15 November, 2019
Private limited companies are often at a crossroad when it comes to multiple investors looking at investment opportunities to infuse capital in a company. Due to the cautious approach undertaken by companies, it so happens that such investments are kept on a standstill until existing investment transactions are completed. While undertaking a preferential issue in accordance with the terms of Section 42 of the Companies Act, 2013, the question that arises in the company’s compliance officer’s mind is, whether making of a fresh offer to a prospective investor by a company pending the issue of shares under an existing resolution is permissible or not.
For instance, ABC, is an existing investor who had agreed to invest in Company X by subscribing to certain convertible preference shares in 2 (two) or more tranches. For this purpose, Company X had filed the offer letter on July 01, 2019 in single Form PAS-4 with the Registrar of Companies, wherein the offer period for the issuance and allotment of the convertible preference shares was 180 days from the date of the offer. Subsequently, ABC entered into the definitive agreements sometime in August 2019 for the purpose of subscribing to the convertible preference shares in 2 (two) tranches.
ABC has in relation to the aforesaid subscription remitted the amount for the first tranche and in consideration thereof, Company X issued the pro-rata convertible preference shares for the first tranche to ABC as well as filed the return of allotment in Form PAS-3. Company X is still awaiting the balance tranche payment from ABC.
The question which stems from the above illustration is whether a proposed investment by a New Investor pending the completion of the allotments of the second tranche convertible preference shares by Company X to ABC would be permissible.
For this purpose, it is imperative to study the provisions of Section 42 of the Companies Act, 2013 and the Rules made thereunder in relation to issuance of securities on a preferential basis, particularly making of a fresh offer by a company pending issue of shares under an existing resolution (being the issue of remainder of the convertible preference shares to ABC). For this purpose, one needs to evaluate when is an offer under Section 42 is deemed to be complete.
Section 42 of the Companies Act, 2013 is silent on when an offer is construed to be completed. However, Section 42(5) of the Companies Act, 2013 states that "No fresh offer or invitation under this section shall be made unless the allotments with respect to any offer or invitation made earlier have been completed or that offer or invitation has been withdrawn or abandoned by the company."
Going by simple interpretation of the above provision in our present illustration, one may take a view that Company X shall not be permitted to make any fresh offer or invitation, unless "allotments" with respect to a particular previous offer have been completed or such offer has been withdrawn or abandoned by the company.
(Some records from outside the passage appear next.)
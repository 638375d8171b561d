-- ===== src/System/Sends.antt =====
-- What the manager sends to its workers (mgr.go).
use incite.Base.{
  ℕ, zero, suc, ◌+◌, ◌-◌, ◌≡◌, ◌≢◌, refl, sym, ap, subst, ◌∙◌, Bool, true, false, Option, none,
  some, codes, if◌then◌else◌, List, [], ◌∷◌, ◌++◌, append-nil, append_assoc, ltb,
}
use incite.Clock.{Time, Duration}
use incite.Errors.{Error, reduce_parallel, restart_chunk, split_chunk, stop_chunk, unexpected_query}
use incite.Chunk.{
  Chunk, ChunkState, split, split_from, split_children, split_frac, duration, created, starting,
  started, polling, complete, stopping, stopped, add_failed,
}
use incite.Worker.States.{Test, AllIn, AllIn-append}
use incite.Manager.{
  Mgr, make_ready, kill_stream, stop_chunk_of, starting_error, handle_starting_error,
  handle_chunk_started, split_chunk_of, handle_chunk_completion, polling_error,
  handle_polling_error, handle_chunk,
}
use incite.Manager.Final.{mark_started-err}
use incite.System.Served.{Extends}
use incite.System.Ends.{not_eof}
use incite.System.Kinds.{is_clear, is_starting, is_polling, is_stopping}

pub Extends-refl : (p : Test) (xs : List Chunk) → Extends p xs xs
Extends-refl p xs = ([], sym (append-nil xs), tt)

Extends-trans :
    (p : Test) (xs ys zs : List Chunk) → Extends p xs ys → Extends p ys zs → Extends p xs zs
Extends-trans p xs ys zs (new, e, h) (more, d, k) = (
  new ++ more,
  d ∙ ap (λ (us : List Chunk). us ++ more) e ∙ append_assoc xs new more,
  AllIn-append p new more h k,
)

-- The ready chunks do not have the error io.EOF.
abbrev pub IsClear : Mgr → Type 0
IsClear m = AllIn is_clear m.ready

-- The manager sends chunks that are starting to the starter, ones that are polling to the poller, and
-- ones that are stopping to the stopper, none with the error io.EOF.
abbrev pub Sends : Mgr → Mgr → Type 0
Sends m m' =
    Extends is_starting m.start m'.start
    × Extends is_polling m.poll m'.poll
    × Extends is_stopping m.stop m'.stop
    × IsClear m'

pub Sends-trans : (m m' m'' : Mgr) → Sends m m' → Sends m' m'' → Sends m m''
Sends-trans m m' m'' h k = (
  Extends-trans is_starting m.start m'.start m''.start h.0 k.0,
  Extends-trans is_polling m.poll m'.poll m''.poll h.1 k.1,
  Extends-trans is_stopping m.stop m'.stop m''.stop h.2 k.2,
  k.3,
)

pub nothing_sent :
    (m : Mgr) (ready : List Chunk) → AllIn is_clear ready → Sends m (record m { ready = ready })
nothing_sent m ready h = (
  Extends-refl is_starting m.start,
  Extends-refl is_polling m.poll,
  Extends-refl is_stopping m.stop,
  h,
)

ready_too : (c : Chunk) (m : Mgr) → not_eof c.err ≡ true → IsClear m → IsClear (make_ready c m)
unfolding make_ready
ready_too c m e h = AllIn-append is_clear m.ready (c ∷ []) h (e, tt)

split_from-clear :
    (fuel n : ℕ) (c : Chunk) (frac : Duration) (start : Time)
    → AllIn is_clear (split_from fuel c frac start n)
unfolding split_from split
split_from-clear zero n c frac start = tt
split_from-clear (suc fuel) n c frac start =
    let child = split c start frac n in
    (refl, cut (ltb child.end c.end) _ (split_from-clear fuel (n + 1) c frac child.end))
  where
    cut :
        (more : Bool) (rest : List Chunk)
        → AllIn is_clear rest
        → AllIn is_clear (if more then rest else [])
    cut true rest h = h
    cut false rest h = tt

split_ready : (c : Chunk) (m : Mgr) → IsClear m → IsClear (split_chunk_of c m)
unfolding split_chunk_of split_children
split_ready c m h =
    let u = (m.streams c.stream).spec.split_until in
    AllIn-append is_clear m.ready (split_children c u) h
      (split_from-clear (suc (c.end - c.start)) 0 c (split_frac (duration c) u) c.start)

stop_chunk_of-Sends :
    (c : Chunk) (m : Mgr) → not_eof c.err ≡ true → IsClear m → Sends m (stop_chunk_of c m)
unfolding stop_chunk_of
stop_chunk_of-Sends c m e h =
    (Extends-refl is_starting m.start, Extends-refl is_polling m.poll, (_, refl, (e, tt)), h)

-- The handlers, for a chunk that does not have the error io.EOF.
starting_error-Sends :
    (now : Time) (e : Option Error) (c : Chunk) (m : Mgr)
    → not_eof c.err ≡ true
    → IsClear m
    → Sends m (starting_error now e c m)
unfolding kill_stream
starting_error-Sends now (some reduce_parallel) c m k h =
    unfold make_ready in nothing_sent m (m.ready ++ c ∷ []) (unfold make_ready in ready_too c m k h)
starting_error-Sends now _ c m k h = nothing_sent m m.ready h

polling_error-Sends :
    (e : Option Error) (c : Chunk) (m : Mgr)
    → not_eof c.err ≡ true
    → IsClear m
    → Sends m (polling_error e c m)
unfolding make_ready split_chunk_of handle_chunk_completion kill_stream
polling_error-Sends (some restart_chunk) c m k h =
    nothing_sent m _
      (ready_too (record c { chunk_id = c.chunk_id ++ codes "R"; err = none }) m refl h)
polling_error-Sends (some split_chunk) c m k h = nothing_sent m _ (split_ready c m h)
polling_error-Sends (some stop_chunk) c m k h = stop_chunk_of-Sends c m k h
polling_error-Sends (some (unexpected_query query_id text cause)) c m k h =
    stop_chunk_of-Sends (add_failed c) m (unfold add_failed in k) h
polling_error-Sends _ c m k h = nothing_sent m m.ready h

started-Sends :
    (now : Time) (c : Chunk) (m : Mgr)
    → not_eof c.err ≡ true
    → IsClear m
    → Sends m (handle_chunk_started now c m)
unfolding handle_chunk_started
started-Sends now c m k h = (
  Extends-refl is_starting m.start,
  (_, refl, (ap not_eof (mark_started-err c) ∙ k, tt)),
  Extends-refl is_stopping m.stop,
  h,
)

abbrev pub SendsIf : Mgr → Option Mgr → Type 0
SendsIf m none = ⊥
SendsIf m (some m') = Sends m m'

sends_if : (m m' : Mgr) (r : Option Mgr) → r ≡ some m' → Sends m m' → SendsIf m r
sends_if m m' r e h = subst (SendsIf m) (sym e) h

-- The manager handles a chunk that was sent to a worker.
pub handle_chunk-SendsIf :
    (now : Time) (c : Chunk) (m : Mgr) (s : ChunkState)
    → c.state ≡ s
    → s ≢ created
    → not_eof c.err ≡ true
    → IsClear m
    → SendsIf m (handle_chunk now c m)
unfolding handle_chunk
handle_chunk-SendsIf now c m created e n k h = absurd (n refl)
handle_chunk-SendsIf now c m starting e n k h =
    let m1 = record m { num_starting = m.num_starting - 1 } in
    sends_if m (handle_starting_error now c m1) _ (rw e refl)
      (unfold handle_starting_error in starting_error-Sends now c.err c m1 k h)
handle_chunk-SendsIf now c m started e n k h =
    let m1 = record m { num_starting = m.num_starting - 1; num_polling = m.num_polling + 1 } in
    sends_if m (handle_chunk_started now c m1) _ (rw e refl) (started-Sends now c m1 k h)
handle_chunk-SendsIf now c m polling e n k h =
    let m1 = record m { num_polling = m.num_polling - 1 } in
    sends_if m (handle_polling_error c m1) _ (rw e refl)
      (unfold handle_polling_error in polling_error-Sends c.err c m1 k h)
handle_chunk-SendsIf now c m complete e n k h =
    let m1 = record m { num_polling = m.num_polling - 1 } in
    sends_if m (handle_chunk_completion c m1) _ (rw e refl)
      (unfold handle_chunk_completion kill_stream in nothing_sent m m.ready h)
handle_chunk-SendsIf now c m stopping e n k h =
    sends_if m (record m { num_stopping = m.num_stopping - 1 }) _ (rw e refl)
      (nothing_sent m m.ready h)
handle_chunk-SendsIf now c m stopped e n k h =
    sends_if m (record m { num_stopping = m.num_stopping - 1 }) _ (rw e refl)
      (nothing_sent m m.ready h)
Therefore, by a literal reading of the provisions of Section 42(5) of the Companies Act, 2013, one may conclude that unless the allotments under the offer of ABC have been completed or withdrawn/abandoned by Company X, a fresh offer/ invitation by Company X to a prospective New Investor would not be permitted under the provisions of the Companies Act, 2013. It would then become important to consider what construes "allotment" as has been contemplated in this Section 42(5).
The Companies Act, 2013 does not define the term "allotment". In Sri Gopal Jalan and Company Vs. Calcutta Stock Exchange Association Limited (1963) 33 Comp. Cas. 862 (SC), it was held that the term "allotment" would be the appropriation out of the previously unappropriated capital of a company of certain number of shares to an identified person. Therefore, going by the interpretation of the same, it would imply allocation of share capital of the company to such identified persons upon an offer made by a company to a proposed allottee and as such, allotment would precede the actual issuance of shares upon payment by such persons.
Applying this to the current scenario, even though the issuance of the balance tranche of convertible preference shares is yet to take place, the "allotment" of all the convertible preference shares to ABC by Company X has deemed to have taken place (by virtue of the Form PAS-4 filed on July 01, 2019) and all the said convertible preference shares (albeit in 2(two) tranches) have been earmarked for issuance to ABC. The payment of subscription amounts for the balance tranche of the convertible preference shares (and when ABC makes such payment) and issue of the balance tranche of convertible preference shares is a procedural as well contractual process which will occur in due course.
To conclude, for the purpose of fulfilling the criteria mentioned in Section 42(5) for making a fresh offer to the New Investor, one can take the view that the ABC offer has been completed inasmuch as "allotment" of all convertible preference shares has taken place.